• EXERCISE INSTRUCTIONS
Give back exactly the lines of the data below, starting with the line that has "whole = refl;" and going on through the line that has "map text_of (line_loop (λ".

• DATA EXTRACT
........

-- ===== src/Protocol/Line/Tests.antt =====
-- A stream with comments, blanks, both line ends and a line that the lock refuses.
use Prim.Native.Char.{code}
use Prim.Native.String.{String}
use g_carvin.Base.{
  ℕ, zero, suc, ◌<◌, ◌≡◌, refl, arith, false, List, [], ◌∷◌, map, replicate, length,
}
use g_carvin.System.{State, idle, alarm}
use g_carvin.Protocol.Line.{
  LineState, line_loop, line_buffer_size, status_ok, system_execute_line, gc_execute_line,
}
use g_carvin.Protocol.Line.Clean.{c_string}
use g_carvin.Protocol.Line.Feed.{Fresh, feed, char_counter_bounded}
use g_carvin.Protocol.Line.Deliver.{stream, text_of, deliver_all, line_loop_lem}

abbrev codes : String → List ℕ
codes String.[] = []
codes (String.◌∷◌ c s) = code c ∷ codes s

abbrev fresh : LineState
fresh = record {
  line = replicate 80 0;
  char_counter = 0;
  overflow = false;
  parentheses = false;
  semicolon = false;
}

fresh-Fresh : Fresh fresh
fresh-Fresh = record {
  whole = refl;
  empty = refl;
  no_overflow = refl;
  no_parentheses = refl;
  no_semicolon = refl;
}

abbrev lines : List (List ℕ × ℕ)
lines = (codes "g1 (up) x5", 10) ∷ (codes " ; note", 13) ∷ (codes "$h", 10) ∷ []

stream-lines :
    map text_of (line_loop (λ n. idle) (stream lines) fresh).0
    ≡ gc_execute_line (codes "G1X5") ∷ status_ok ∷ system_execute_line (codes "$H") ∷ []
unfolding line_loop stream text_of c_string
stream-lines = refl

-- The machine is unlocked after the first line.
abbrev unlocked : ℕ → State
unlocked zero = alarm
unlocked (suc n) = idle

line_loop_example :
    map text_of (line_loop unlocked (stream lines) fresh).0 ≡ deliver_all unlocked lines
line_loop_example = line_loop_lem unlocked lines fresh (ground arith) fresh-Fresh

char_counter_example :
    ((feed (codes "g1 x5") fresh).char_counter < line_buffer_size)
    × (length (feed (codes "g1 x5") fresh).line ≡ line_buffer_size)
char_counter_example = char_counter_bounded (codes "g1 x5") fresh fresh-Fresh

........

• THE ANSWER
  whole = refl;
  empty = refl;
  no_overflow = refl;
  no_parentheses = refl;
  no_semicolon = refl;
}

abbrev lines : List (List ℕ × ℕ)
lines = (codes "g1 (up) x5", 10) ∷ (codes " ; note", 13) ∷ (codes "$h", 10) ∷ []

stream-lines :
    map text_of (line_loop (λ n. idle) (stream lines) fresh).0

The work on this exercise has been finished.